El feminicidio de Rosaura y el asesinato de su madre y su hermano en Mineral de la Reforma no solo son una tragedia, sino una muestra de la negligencia del Estado. Las palabras del gobernador de Hidalgo, Julio Menchaca Salazar, al afirmar que “el Estado no le falló a Rosaura, sino la persona que la mató”, no solo resultan indignantes, sino que representan un intento de deslindar responsabilidades ante un crimen que sí pudo prevenirse.
Rosaura había denunciado a su agresor, Marco Antonio M. G., en al menos dos ocasiones por violencia familiar y privación ilegal de la libertad. A pesar de contar con medidas de restricción y de que su atacante estuvo brevemente en prisión, el sistema judicial le otorgó una suspensión condicional del proceso, lo que le permitió quedar en libertad. La omisión de las autoridades fue evidente: el agresor continuó acosándola, privándola nuevamente de su libertad solo unos días antes de asesinarla junto con parte de su familia. La pregunta obligada es: ¿de qué sirvió la denuncia de Rosaura si las autoridades encargadas de protegerla no hicieron su trabajo?
Lejos de reconocer las fallas del sistema de justicia y seguridad en Hidalgo, el gobernador Menchaca intentó minimizar el problema. Argumentó que no hay suficiente personal para dar “marcaje personal” a todos los habitantes del estado, como si garantizar la seguridad de una mujer en peligro dependiera de una vigilancia individualizada y no del funcionamiento de instituciones capacitadas para actuar con eficacia ante casos de violencia de género. Además, en un intento de justificar la situación, insistió en que la violencia es un problema estructural del país y del mundo, señalando que “hechos lamentables ocurren en todas partes, incluso en Suecia”.
Este tipo de declaraciones no solo resultan ofensivas para las víctimas y sus familias, sino que evidencian una falta de compromiso y de sensibilidad ante la crisis de violencia de género que atraviesa Hidalgo. El feminicidio de Rosaura no fue un hecho aislado, sino la consecuencia de un sistema que sistemáticamente falla a las mujeres. Su asesinato se suma a otros casos recientes, como el feminicidio de Estrella Yoselin, de 15 años, y los homicidios de los adultos mayores Francisco y María Guadalupe en la misma región.

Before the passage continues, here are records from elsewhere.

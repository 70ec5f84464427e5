-- ===== src/Ginkgo/Lex/PeekingIter.antt =====
-- ginkgo/src/lex.rs, `PeekingIter`: an iterator with two items of lookahead. The iterator that it
-- wraps is the list of the items it has left.
use poplar.Prelude.{◌≡◌, refl, Option, none, some, List, [], ◌∷◌, Outcome, done, panic}

pub record PeekingIter (A : Type 0) : Type 0 where
  pub inner : List A
  pub peek : Option A
  pub peek_next : Option A

module _ {A : Type 0} where
  unfoldable pub new : List A → PeekingIter A
  new inner = record { inner = inner; peek = none; peek_next = none }

  abbrev pub inner_next : List A → Option A × List A
  inner_next [] = (none, [])
  inner_next (a ∷ rest) = (some a, rest)

  -- `Iterator::next`
  unfoldable pub next : PeekingIter A → Option A × PeekingIter A
  next iter = elim iter.peek [
    | some a ↦ (some a, record iter { peek = iter.peek_next; peek_next = none })
    | none ↦ ((inner_next iter.inner).0, record iter { inner = (inner_next iter.inner).1 })
  ]

  unfoldable pub peek : PeekingIter A → Option A × PeekingIter A
  peek iter = elim iter.peek [
    | some a ↦ (some a, iter)
    | none ↦ (
      (inner_next iter.inner).0,
      record iter { peek = (inner_next iter.inner).0; inner = (inner_next iter.inner).1 },
    )
  ]

  abbrev peek_second : PeekingIter A → Option A → Option A × PeekingIter A
  peek_second iter (some b) = (some b, iter)
  peek_second iter none = (
    (inner_next iter.inner).0,
    record iter { peek_next = (inner_next iter.inner).0; inner = (inner_next iter.inner).1 },
  )

  -- It asserts that `peek` has shown an item.
  unfoldable pub peek_next : PeekingIter A → Outcome (Option A × PeekingIter A)
  peek_next iter = elim iter.peek [ none ↦ panic | some a ↦ done (peek_second iter iter.peek_next) ]

  abbrev pub before : Option A → List A → List A
  before none items = items
  before (some a) items = a ∷ items

  -- The items that it has left.
  unfoldable pub items : PeekingIter A → List A
  items iter = before iter.peek (before iter.peek_next iter.inner)

  abbrev pub Behind : Option A → Option A → Type 0
  Behind none none = Unit {0}
  Behind none (some b) = ⊥
  Behind (some a) second = Unit {0}

  -- The second item is held only behind a first.
  unfoldable pub IsValid : PeekingIter A → Type 0
  IsValid iter = Behind iter.peek iter.peek_next

  pub new-IsValid : (inner : List A) → IsValid (new inner) × (items (new inner) ≡ inner)
  unfolding new items IsValid
  new-IsValid inner = (tt, refl)

  -- The result of `peek_next`, and the items that are left after it.
  abbrev pub seen : Outcome (Option A × PeekingIter A) → Outcome (Option A × List A)
  seen panic = panic
  seen (done (item, iter)) = done (item, items iter)

  abbrev pub second_item : List A → Outcome (Option A × List A)
  second_item [] = panic
  second_item (a ∷ rest) = done ((inner_next rest).0, a ∷ rest)

  -- Of a valid iterator:
  abbrev pub Peeks : PeekingIter A → Type 0
  Peeks iter =
      (IsValid (next iter).1
        × ((next iter).0 ≡ (inner_next (items iter)).0)
        × (items (next iter).1 ≡ (inner_next (items iter)).1))
      × (IsValid (peek iter).1
          × ((peek iter).0 ≡ (inner_next (items iter)).0)
          × (items (peek iter).1 ≡ items iter))
      × (seen (peek_next (peek iter).1) ≡ second_item (items iter))

  held_lem :
      (inner : List A) (p q : Option A)
      → Behind p q
      → Peeks (record { inner = inner; peek = p; peek_next = q })
  unfolding next peek peek_next items IsValid
  held_lem inner (some a) (some b) h = ((tt, refl, refl), (tt, refl, refl), refl)
  held_lem [] (some a) none h = ((tt, refl, refl), (tt, refl, refl), refl)
  held_lem (x ∷ xs) (some a) none h = ((tt, refl, refl), (tt, refl, refl), refl)
  held_lem [] none none h = ((tt, refl, refl), (tt, refl, refl), refl)
  held_lem (x ∷ []) none none h = ((tt, refl, refl), (tt, refl, refl), refl)
  held_lem (x ∷ y ∷ xs) none none h = ((tt, refl, refl), (tt, refl, refl), refl)
  held_lem inner none (some b) h = elim h [ ]

  -- An iterator that holds a second item only behind a first stays so. `next` gives the first of
  -- the items that are left, or none, and leaves the others. `peek` gives the same and leaves all
  -- items. `peek_next` after `peek` gives the second of the items, or none, and leaves all items; it
  -- panics if there is no first item.
  pub peeking_lem : (iter : PeekingIter A) → IsValid iter → Peeks iter
  unfolding IsValid
  peeking_lem iter valid = held_lem iter.inner iter.peek iter.peek_next valid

Las contradicciones entre las distintas autoridades también exponen la falta de coordinación y la negligencia institucional. La presidenta del Tribunal Superior de Justicia de Hidalgo, Rebeca Stella Aladro Echeverría, aseguró que ni el Ministerio Público ni Rosaura se opusieron a la liberación de su agresor, mientras que el encargado de la Procuraduría estatal, Francisco Fernández Hasbún, desmintió esta versión, asegurando que el Ministerio Público sí se había opuesto y que existía evidencia en video que lo probaba.
A esto se suma la responsabilidad de las autoridades municipales. A pesar de que Marco Antonio M.G. dejó la policía de Mineral de la Reforma después de su liberación, testimonios de allegadas a Rosaura aseguran que el expolicía continuó usando su uniforme y patrullas oficiales para acosarla e intimidarla. Sin embargo, el ayuntamiento negó contar con evidencia de estos hechos y el alcalde Eduardo Medécigo Rubio respondió descalificando las críticas y asegurando que “somos más los buenos”.
La negligencia no termina ahí. Tras su salida de la policía, Marco Antonio M.G. se incorporó a una empresa de seguridad privada, lo que evidencia otro problema grave: la falta de regulación de estas compañías, que operan sin permisos ni controles adecuados. Fue solo después del feminicidio que el gobierno de Hidalgo anunció que comenzaría a revisar el funcionamiento de estas empresas, una medida tardía que no salva vidas, sino que simplemente reacciona a una tragedia consumada.
El asesinato de Rosaura y su familia podría haberse evitado si el Estado hubiese hecho su trabajo. No fue una “decisión individual” lo que acabó con su vida, sino la indiferencia de las instituciones encargadas de garantizar su seguridad. En un país donde la violencia de género cobra la vida de diez mujeres al día, el negacionismo de las autoridades no solo es inaceptable, sino cómplice.
Mientras los discursos oficiales sigan culpando a las víctimas y eludiendo responsabilidades, la impunidad seguirá garantizando que casos como el de Rosaura se repitan una y otra vez. La pregunta es: ¿cuántas muertes más harán falta para que el Estado deje de fallarle a las mujeres?